REQUIREMENT: The span to repeat in the listing below runs from the line containing "-- The row is there, and has this status." to the line containing "unfolding repo_status", inclusive. Repeat it exactly, and only it.

DATA FOR REVIEW:
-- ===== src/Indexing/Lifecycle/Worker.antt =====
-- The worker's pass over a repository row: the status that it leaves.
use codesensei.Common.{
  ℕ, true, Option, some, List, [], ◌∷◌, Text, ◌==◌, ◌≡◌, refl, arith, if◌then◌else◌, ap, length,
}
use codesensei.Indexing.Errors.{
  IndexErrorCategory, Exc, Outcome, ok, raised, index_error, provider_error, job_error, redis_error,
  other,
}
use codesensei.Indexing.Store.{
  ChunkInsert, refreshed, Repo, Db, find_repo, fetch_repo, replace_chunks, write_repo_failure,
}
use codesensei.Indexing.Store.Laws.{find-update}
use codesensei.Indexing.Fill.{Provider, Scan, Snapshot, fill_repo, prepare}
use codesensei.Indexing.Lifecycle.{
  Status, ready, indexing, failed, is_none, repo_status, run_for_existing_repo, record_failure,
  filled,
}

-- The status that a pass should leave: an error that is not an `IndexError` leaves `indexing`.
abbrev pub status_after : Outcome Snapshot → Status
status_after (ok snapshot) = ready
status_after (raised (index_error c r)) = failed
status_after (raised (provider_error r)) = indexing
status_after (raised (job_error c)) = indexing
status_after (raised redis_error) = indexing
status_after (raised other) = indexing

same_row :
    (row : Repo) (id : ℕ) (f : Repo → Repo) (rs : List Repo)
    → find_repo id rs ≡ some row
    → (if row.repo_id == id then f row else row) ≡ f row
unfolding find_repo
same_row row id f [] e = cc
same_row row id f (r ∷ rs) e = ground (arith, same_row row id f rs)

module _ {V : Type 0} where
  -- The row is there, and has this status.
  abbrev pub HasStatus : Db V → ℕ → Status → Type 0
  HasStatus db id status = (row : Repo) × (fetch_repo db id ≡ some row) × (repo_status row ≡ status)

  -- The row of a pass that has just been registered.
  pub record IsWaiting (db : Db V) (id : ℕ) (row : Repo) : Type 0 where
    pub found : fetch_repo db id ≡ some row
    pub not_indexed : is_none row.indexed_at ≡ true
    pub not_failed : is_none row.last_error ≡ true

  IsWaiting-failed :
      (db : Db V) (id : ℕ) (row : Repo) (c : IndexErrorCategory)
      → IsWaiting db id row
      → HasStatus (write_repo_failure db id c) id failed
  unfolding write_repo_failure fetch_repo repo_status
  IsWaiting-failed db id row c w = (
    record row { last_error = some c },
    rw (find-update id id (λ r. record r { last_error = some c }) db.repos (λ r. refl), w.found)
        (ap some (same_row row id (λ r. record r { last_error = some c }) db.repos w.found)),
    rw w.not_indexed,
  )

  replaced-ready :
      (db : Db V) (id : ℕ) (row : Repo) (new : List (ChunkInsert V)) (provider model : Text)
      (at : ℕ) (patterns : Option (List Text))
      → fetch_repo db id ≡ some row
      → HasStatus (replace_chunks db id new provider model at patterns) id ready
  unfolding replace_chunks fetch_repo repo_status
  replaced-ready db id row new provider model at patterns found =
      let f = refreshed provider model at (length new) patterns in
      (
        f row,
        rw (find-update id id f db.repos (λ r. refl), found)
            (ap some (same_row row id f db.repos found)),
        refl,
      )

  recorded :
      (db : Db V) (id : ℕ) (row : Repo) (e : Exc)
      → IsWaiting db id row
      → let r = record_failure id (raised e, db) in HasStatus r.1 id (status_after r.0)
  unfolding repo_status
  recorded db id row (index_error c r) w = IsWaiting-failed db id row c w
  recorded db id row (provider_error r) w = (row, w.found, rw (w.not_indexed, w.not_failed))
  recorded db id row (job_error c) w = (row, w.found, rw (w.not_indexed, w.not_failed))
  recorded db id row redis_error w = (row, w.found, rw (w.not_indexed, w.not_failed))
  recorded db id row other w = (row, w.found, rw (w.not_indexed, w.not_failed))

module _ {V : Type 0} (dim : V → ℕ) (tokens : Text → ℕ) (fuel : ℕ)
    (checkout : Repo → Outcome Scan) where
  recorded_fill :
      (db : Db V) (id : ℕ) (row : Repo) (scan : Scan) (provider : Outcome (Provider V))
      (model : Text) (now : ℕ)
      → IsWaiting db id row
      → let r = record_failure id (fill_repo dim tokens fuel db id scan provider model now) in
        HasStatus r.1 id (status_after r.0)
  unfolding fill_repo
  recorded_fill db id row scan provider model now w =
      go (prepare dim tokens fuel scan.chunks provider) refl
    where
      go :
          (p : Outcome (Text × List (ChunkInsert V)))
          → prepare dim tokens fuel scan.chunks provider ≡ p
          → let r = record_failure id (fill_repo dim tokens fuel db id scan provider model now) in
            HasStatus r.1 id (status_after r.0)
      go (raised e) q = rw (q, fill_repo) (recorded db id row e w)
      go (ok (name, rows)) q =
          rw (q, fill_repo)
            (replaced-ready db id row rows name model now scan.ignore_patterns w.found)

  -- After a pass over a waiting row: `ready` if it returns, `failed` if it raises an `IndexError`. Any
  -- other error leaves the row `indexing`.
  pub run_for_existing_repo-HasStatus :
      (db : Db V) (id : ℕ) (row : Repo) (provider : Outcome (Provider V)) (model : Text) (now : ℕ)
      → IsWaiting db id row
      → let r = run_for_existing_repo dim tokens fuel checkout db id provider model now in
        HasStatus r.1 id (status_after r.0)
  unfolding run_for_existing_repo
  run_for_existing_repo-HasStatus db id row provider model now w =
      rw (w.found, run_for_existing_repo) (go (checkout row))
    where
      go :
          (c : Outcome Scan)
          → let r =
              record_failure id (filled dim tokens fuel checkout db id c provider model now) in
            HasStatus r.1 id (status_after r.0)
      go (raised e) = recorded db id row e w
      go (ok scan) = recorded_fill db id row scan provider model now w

RESULT:
  -- The row is there, and has this status.
  abbrev pub HasStatus : Db V → ℕ → Status → Type 0
  HasStatus db id status = (row : Repo) × (fetch_repo db id ≡ some row) × (repo_status row ≡ status)

  -- The row of a pass that has just been registered.
  pub record IsWaiting (db : Db V) (id : ℕ) (row : Repo) : Type 0 where
    pub found : fetch_repo db id ≡ some row
    pub not_indexed : is_none row.indexed_at ≡ true
    pub not_failed : is_none row.last_error ≡ true

  IsWaiting-failed :
      (db : Db V) (id : ℕ) (row : Repo) (c : IndexErrorCategory)
      → IsWaiting db id row
      → HasStatus (write_repo_failure db id c) id failed
  unfolding write_repo_failure fetch_repo repo_status
  IsWaiting-failed db id row c w = (
    record row { last_error = some c },
    rw (find-update id id (λ r. record r { last_error = some c }) db.repos (λ r. refl), w.found)
        (ap some (same_row row id (λ r. record r { last_error = some c }) db.repos w.found)),
    rw w.not_indexed,
  )

  replaced-ready :
      (db : Db V) (id : ℕ) (row : Repo) (new : List (ChunkInsert V)) (provider model : Text)
      (at : ℕ) (patterns : Option (List Text))
      → fetch_repo db id ≡ some row
      → HasStatus (replace_chunks db id new provider model at patterns) id ready
  unfolding replace_chunks fetch_repo repo_status
  replaced-ready db id row new provider model at patterns found =
      let f = refreshed provider model at (length new) patterns in
      (
        f row,
        rw (find-update id id f db.repos (λ r. refl), found)
            (ap some (same_row row id f db.repos found)),
        refl,
      )

  recorded :
      (db : Db V) (id : ℕ) (row : Repo) (e : Exc)
      → IsWaiting db id row
      → let r = record_failure id (raised e, db) in HasStatus r.1 id (status_after r.0)
  unfolding repo_status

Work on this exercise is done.